PB: I had a lot of experiences, and you have to be so careful. Like, as one becomes more experienced, you get to give medication to the patient, the head nurse would measure out the medicine, then you're assigned to give it to the patients. But you got to be very, very careful, because you can give the wrong medication to the wrong patient. And you learn a lot, because you see patients of all different kinds. I saw people with cancer, and at that time, I didn't know what cancer was, and I thought, oh, something that would happen to maybe very, very few people. And cancer, you know, is a terminal disease. So I used to worry about people that had cancer, and then there were people in there that, having a change of life, and they get hallucinations. There was one woman in there, she kept saying there was horses up in the ceiling. And then there were people that I would give alcohol rub, and they would look forward to that, because that was something little extra, and lying in bed, you give 'em an alcohol rub, and it's really a very pleasant feeling, 'cause I've had that done for me, and they'd look forward to that. And I saw people that had tubes, just hooked up to all kinds of tubes, and under the bed, draining into jars, and I took care of my sister. She had surgery when she was in Tule, and I had to administer oxygen to her, which I thought at the time was something really important, but now, I find that oxygen is just, giving a little oxygen, but at the time, I thought, with this oxygen tank sitting next to her bed and everything, and you had to turn it on. And I thought that was quite a thing, but really, oxygen is nothing.

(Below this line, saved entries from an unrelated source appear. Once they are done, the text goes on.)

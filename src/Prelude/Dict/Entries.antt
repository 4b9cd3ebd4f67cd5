-- ===== src/Prelude/Dict/Entries.antt =====
-- What holds of every entry of a dict, how many entries there are, and which keys they have.
use Prim.Native.Nat.{suc, ◌≤◌, ◌<◌}
use Prim.Native.String.{String}
use mathlib.Core.Path.{◌≡◌, refl, ◌∙◌, subst}
use mathlib.Core.Logic.{inl, inr}
use mathlib.Core.Bool.{true}
use mathlib.Core.Option.{none, some}
use mathlib.Core.List.{[], ◌∷◌}
use native.Mathlib.Omega.{arith}
use text.Mathlib.Text.{◌==◌ as str_eq}
use text.Mathlib.TextEquality.{eq_iff}
use mcp_odoo.Prelude.Tests.{Bool-cases, some_inj}
use mcp_odoo.Prelude.Lists.{length}
use mcp_odoo.Prelude.Dict.{
  Dict, contains, keys, get, put, remove, get-put, get-remove, length-remove-le,
}

module _ {ℓ} {V : Type ℓ} where
  -- the property holds of every value
  abbrev pub Each : (V → Type 0) → Dict V → Type 0
  Each P [] = Unit
  Each P ((k, v) ∷ d) = P v × Each P d

  -- no key stands twice
  abbrev pub IsKeyed : Dict V → Type ℓ
  IsKeyed [] = Unit
  IsKeyed ((k, v) ∷ d) = (get k d ≡ none) × IsKeyed d

  module _ (P : V → Type 0) where
    pub Each-put : (k : String) (v : V) (d : Dict V) → P v → Each P d → Each P (put k v d)
    Each-put k v [] p e = (p, tt)
    Each-put k v ((j, w) ∷ d) p e = elim (Bool-cases (str_eq j k)) [
      | inl same ↦ rw same (p, e.1)
      | inr other ↦ rw other (e.0, Each-put k v d p e.1)
    ]

    pub Each-remove : (k : String) (d : Dict V) → Each P d → Each P (remove k d)
    Each-remove k [] e = tt
    Each-remove k ((j, w) ∷ d) e = elim (Bool-cases (str_eq j k)) [
      | inl same ↦ rw same (Each-remove k d e.1)
      | inr other ↦ rw other (e.0, Each-remove k d e.1)
    ]

    pub Each-get : (k : String) (v : V) (d : Dict V) → Each P d → get k d ≡ some v → P v
    Each-get k v [] e h = cc
    Each-get k v ((j, w) ∷ d) e h = elim (Bool-cases (str_eq j k)) [
      | inl same ↦ subst P (some_inj (rw same at h)) e.0
      | inr other ↦ Each-get k v d e.1 (rw other at h)
    ]

  pub length-put-le : (k : String) (v : V) (d : Dict V) → length (put k v d) ≤ suc (length d)
  length-put-le k v [] = omega arith
  length-put-le k v ((j, w) ∷ d) = ground (arith, length-put-le k v d)

  pub length-remove-lt :
      (k : String) (d : Dict V) → contains (keys d) k ≡ true → length (remove k d) < length d
  length-remove-lt k [] h = cc
  length-remove-lt k ((j, w) ∷ d) h = ground (arith, length-remove-lt k d, length-remove-le k d)

  -- writing a key that is there adds no entry
  pub length-put_known :
      (k : String) (v w : V) (d : Dict V) → get k d ≡ some w → length (put k v d) ≡ length d
  length-put_known k v w [] h = cc
  length-put_known k v w ((j, u) ∷ d) h = ground (arith, length-put_known k v w d)

  pub put-IsKeyed : (k : String) (v : V) (d : Dict V) → IsKeyed d → IsKeyed (put k v d)
  put-IsKeyed k v [] u = (refl, tt)
  put-IsKeyed k v ((j, w) ∷ d) u = elim (Bool-cases (str_eq j k)) [
    | inl same ↦ rw same u
    | inr other ↦
        rw other
          (get-put k j v d ∙ ground (arith, eq_iff j k, eq_iff k j, u.0), put-IsKeyed k v d u.1)
  ]

  pub remove-IsKeyed : (k : String) (d : Dict V) → IsKeyed d → IsKeyed (remove k d)
  remove-IsKeyed k [] u = tt
  remove-IsKeyed k ((j, w) ∷ d) u = elim (Bool-cases (str_eq j k)) [
    | inl same ↦ rw same (remove-IsKeyed k d u.1)
    | inr other ↦ rw other (get-remove k j d ∙ ground (arith, u.0), remove-IsKeyed k d u.1)
  ]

But you learn so many different things, and later on, we learned to test urine for diabetes, and then further along more, we started taking blood pressure, and then we're gonna start using needles. I hated needles myself, so I didn't think I could ever stick someone else. [Laughs] I decided then, "I don't think I'm gonna like this." I wanted to become a nurse, but I thought, "No, I don't think I like to stick needles into people." So I finally decided to leave the hospital work, because -- I did, however, move... we work about three months in each department, like there was a women's ward, men's ward, pediatrics, and TB ward, all different wards. And I had worked in the women's ward and men's ward, and I was hoping that I would get to the OB where I could, where people are happy, not sad. But I didn't quite get to the OB ward. But I did work in pediatrics, and I took care of a little boy that had TB and had to be very careful of... you wear a special gown, you handle the food differently, you can't take anything out of the room, you just have disinfectant sitting outside the door, and then you just drop everything in there. People would always say, "Oh, you smell so antiseptic. You smell like Lysol. We know you work in the hospital." But I like that smell. I like that clean smell of Lysol.